WHAT YOU SHOULD DO — Of all the entries below, only the lines from the one with "f r else r)" up to and including the one with "none else find? (has_slug other) rs)" are to be duplicated exactly.
[STUDY MATERIAL Boundary: Start]
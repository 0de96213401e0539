-- ===== src/Rbac/Administration/OrgRoles/Below.antt =====
-- Nobody manages an org role at or above their own level: the role writers of
-- src/rbac/roleAdministration.ts on success.
use text.Mathlib.TextEquality.{eq_iff}
use dreamsso.Common.{
  ℕ, String, false, not, ◌&&◌, ◌||◌, Option, none, some, ◌≡◌, refl, sym, subst, List, [], ◌∷◌, ◌==◌,
  find?, filter, is_some, arith, string_eq, nat_eq, option_eq, if◌then◌else◌, get_or, find?_holds,
  Option-cases, Bool-cases, inl, inr,
}
use dreamsso.Common.Int.{ℤ, int_eq}
use dreamsso.Common.Result.{ok, >>=-eq-ok, ok-injective, fail_if-ok, or_fail-ok}
use dreamsso.Json.{Fields, Json, get, as_text}
use dreamsso.Store.{Store, OrgRole}
use dreamsso.Rbac.Level.{Level, finite, le_level, ◌<ₗ◌, lt_of_not_le_level}
use dreamsso.Rbac.Authz.{has_slug, get_role_level}
use dreamsso.Rbac.Administration.{Actor, lock_actors, write_audit, require_permission}
use dreamsso.Rbac.Administration.UserAccess.Plan.{lock_actors-ok}
use dreamsso.Rbac.Administration.OrgRoles.{
  is_level, update_role, RolePatch, apply_patch, read_label, read_level, patch_org_role,
  delete_org_role, role_in_use, default_org_role, remove_role,
}

-- The actor ranks strictly above a role.
pub Outranks : Store → ℕ → OrgRole → Type 0
Outranks db actor r = get_role_level db actor <ₗ finite r.level

pub outranks :
    (db : Store) (actor_sub : ℕ) (actor : Actor) (level : ℤ)
    → lock_actors db actor_sub ≡ ok actor
    → le_level (finite level) actor.level ≡ false
    → get_role_level db actor_sub <ₗ finite level
outranks db actor_sub actor level locked test =
    subst (λ l. l <ₗ finite level) (lock_actors-ok db actor_sub actor locked).1
      (lt_of_not_le_level (finite level) actor.level test)

find?-update_role :
    (slug other : String) (f : OrgRole → OrgRole)
    → ((r : OrgRole) → (f r).slug ≡ r.slug)
    → (rs : List OrgRole)
    → find? (has_slug other) (update_role slug f rs) ≡ elim (find? (has_slug other) rs) [
      | none ↦ none
      | some r ↦ some (if r.slug == slug then f r else r)
    ]
unfolding update_role
find?-update_role slug other f kept [] = refl
find?-update_role slug other f kept (r ∷ rs) =
    ground (arith, kept r, find?-update_role slug other f kept rs)

find?-filter :
    (slug other : String) (rs : List OrgRole)
    → find? (has_slug other) (filter (λ r. not (r.slug == slug)) rs)
      ≡ (if slug == other then none else find? (has_slug other) rs)
find?-filter slug other [] = ground arith
find?-filter slug other (r ∷ rs) =
    ground (
      arith,
      find?-filter slug other rs,
      eq_iff r.slug slug,
      eq_iff r.slug other,
      eq_iff slug other,
    )

-- A level that was read lies below the actor and in the range; a level that was not asked for
-- leaves the role where it was.
read_level-below :
    (number_of : Json → Option ℤ) (granted : List String) (actor : Level) (raw : Option Json)
    (level : Option ℤ) (old : ℤ)
    → read_level number_of granted actor raw ≡ ok level
    → le_level (finite old) actor ≡ false
    → le_level (finite (get_or level old)) actor ≡ false
unfolding read_level
read_level-below number_of granted actor none level old h below = ground arith
read_level-below number_of granted actor (some raw) level old h below =
    let (_, _, h₁) = >>=-eq-ok (require_permission granted "org.roles.edit.level") _ h in
    let (n, _, h₂) = or_fail-ok (number_of raw) _ _ h₁ in
    let (fine, h₃) = fail_if-ok (not (is_level n) || le_level (finite n) actor) _ _ h₂ in
    ground (arith, ok-injective h₃)

patched :
    (slug : String) (patch : RolePatch) (old : OrgRole) (rs : List OrgRole)
    → find? (has_slug slug) rs ≡ some old
    → find? (has_slug slug) (update_role slug (apply_patch patch) rs) ≡ some (apply_patch patch old)
unfolding apply_patch
patched slug patch old rs found =
    let same = find?_holds (has_slug slug) rs old found in
    ground (arith, find?-update_role slug slug (apply_patch patch) (λ r. refl) rs)

unpatched :
    (slug other : String) (patch : RolePatch) (rs : List OrgRole)
    → (slug == other) ≡ false
    → find? (has_slug other) (update_role slug (apply_patch patch) rs) ≡ find? (has_slug other) rs
unfolding apply_patch
unpatched slug other patch rs differs =
    let step = find?-update_role slug other (apply_patch patch) (λ r. refl) rs in
    elim (Option-cases (find? (has_slug other) rs)) [
      | inl missing ↦ ground arith
      | inr (r, found) ↦
          let same = find?_holds (has_slug other) rs r found in
          ground (arith, eq_iff r.slug slug, eq_iff r.slug other, eq_iff slug other)
    ]

patched_elsewhere :
    (slug other : String) (patch : RolePatch) (old : OrgRole) (rs : List OrgRole)
    → find? (has_slug slug) rs ≡ some old
    → find? (has_slug other) (update_role slug (apply_patch patch) rs)
      ≡ (if slug == other then some (apply_patch patch old) else find? (has_slug other) rs)
patched_elsewhere slug other patch old rs found = elim (Bool-cases (slug == other)) [
  | inr differs ↦ ground (arith, unpatched slug other patch rs differs)
  | inl alike ↦
      let same : slug ≡ other = (eq_iff slug other).0 alike in
      let here = patched slug patch old rs found in
      let there : find? (has_slug other) (update_role slug (apply_patch patch) rs)
          ≡ some (apply_patch patch old) =
        subst
          (λ x.
            find? (has_slug x) (update_role slug (apply_patch patch) rs)
            ≡ some (apply_patch patch old))
          same here in
      ground arith
]

-- A patched role ranked strictly below the actor and still does; every other role is untouched.
pub patch_org_role_below :
    (number_of : Json → Option ℤ) (db : Store) (actor : ℕ) (slug : String) (body : Fields)
    (db' : Store)
    → patch_org_role number_of db actor slug body ≡ ok db'
    → (old : OrgRole) × (new : OrgRole) × (find? (has_slug slug) db.org_roles ≡ some old)
      × Outranks db actor old
      × (find? (has_slug slug) db'.org_roles ≡ some new)
      × Outranks db actor new
      × ((other : String)
          → find? (has_slug other) db'.org_roles
            ≡ (if slug == other then some new else find? (has_slug other) db.org_roles))
unfolding patch_org_role Outranks write_audit apply_patch
patch_org_role_below number_of db actor_sub slug body db' h =
    let (actor, locked, h₁) = >>=-eq-ok (lock_actors db actor_sub) _ h in
    let (old, found, h₂) = or_fail-ok (find? (has_slug slug) db.org_roles) _ _ h₁ in
    let (below, h₃) = fail_if-ok (le_level (finite old.level) actor.level) _ _ h₂ in
    let (label, _, h₄) = >>=-eq-ok (read_label actor.granted (as_text (get "label" body))) _ h₃ in
    let (level, read, h₅) =
      >>=-eq-ok (read_level number_of actor.granted actor.level (get "level" body)) _ h₄ in
    let (_, h₆) = fail_if-ok (not (is_some label) && not (is_some level)) _ _ h₅ in
    let patch : RolePatch = record { label = label; level = level } in
    let still =
      read_level-below number_of actor.granted actor.level (get "level" body) level old.level read
        below in
    (
      old,
      apply_patch patch old,
      found,
      outranks db actor_sub actor old.level locked below,
      subst (λ d. find? (has_slug slug) d.org_roles ≡ some (apply_patch patch old))
          (ok-injective h₆) (patched slug patch old db.org_roles found),
      outranks db actor_sub actor (get_or level old.level) locked still,
      λ other.
          subst
            (λ d. find? (has_slug other) d.org_roles ≡ (
              if slug == other
              then some (apply_patch patch old)
              else find? (has_slug other) db.org_roles))
            (ok-injective h₆) (patched_elsewhere slug other patch old db.org_roles found),
    )

-- A role that `deleteOrgRole` removes is one that the actor outranks, that nobody holds, that is
-- neither a system role nor the default; afterwards it is gone and every other role is still there.
delete_org_role_unused :
    (db : Store) (actor : ℕ) (slug : String) (db' : Store)
    → delete_org_role db actor slug ≡ ok db'
    → (r : OrgRole) × (find? (has_slug slug) db.org_roles ≡ some r)
      × Outranks db actor r
      × (r.is_system ≡ false)
      × (role_in_use db slug ≡ false)
      × ((default_org_role db == slug) ≡ false)
      × ((other : String)
          → find? (has_slug other) db'.org_roles
            ≡ (if slug == other then none else find? (has_slug other) db.org_roles))
unfolding delete_org_role Outranks write_audit remove_role
delete_org_role_unused db actor_sub slug db' h =
    let (actor, locked, h₁) = >>=-eq-ok (lock_actors db actor_sub) _ h in
    let (_, _, h₂) = >>=-eq-ok (require_permission actor.granted "org.roles.remove") _ h₁ in
    let (r, found, h₃) = or_fail-ok (find? (has_slug slug) db.org_roles) _ _ h₂ in
    let (system, h₄) = fail_if-ok r.is_system _ _ h₃ in
    let (below, h₅) = fail_if-ok (le_level (finite r.level) actor.level) _ _ h₄ in
    let (unused, h₆) = fail_if-ok (role_in_use db slug) _ _ h₅ in
    let (other, h₇) = fail_if-ok (default_org_role db == slug) _ _ h₆ in
    (
      r,
      found,
      outranks db actor_sub actor r.level locked below,
      system,
      unused,
      other,
      λ name. rw (sym (ok-injective h₇)) (find?-filter slug name db.org_roles),
    )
[STUDY MATERIAL Boundary: End]
RESPONSE TO THE EXERCISE —
      | some r ↦ some (if r.slug == slug then f r else r)
    ]
unfolding update_role
find?-update_role slug other f kept [] = refl
find?-update_role slug other f kept (r ∷ rs) =
    ground (arith, kept r, find?-update_role slug other f kept rs)

find?-filter :
    (slug other : String) (rs : List OrgRole)
    → find? (has_slug other) (filter (λ r. not (r.slug == slug)) rs)
      ≡ (if slug == other then none else find? (has_slug other) rs)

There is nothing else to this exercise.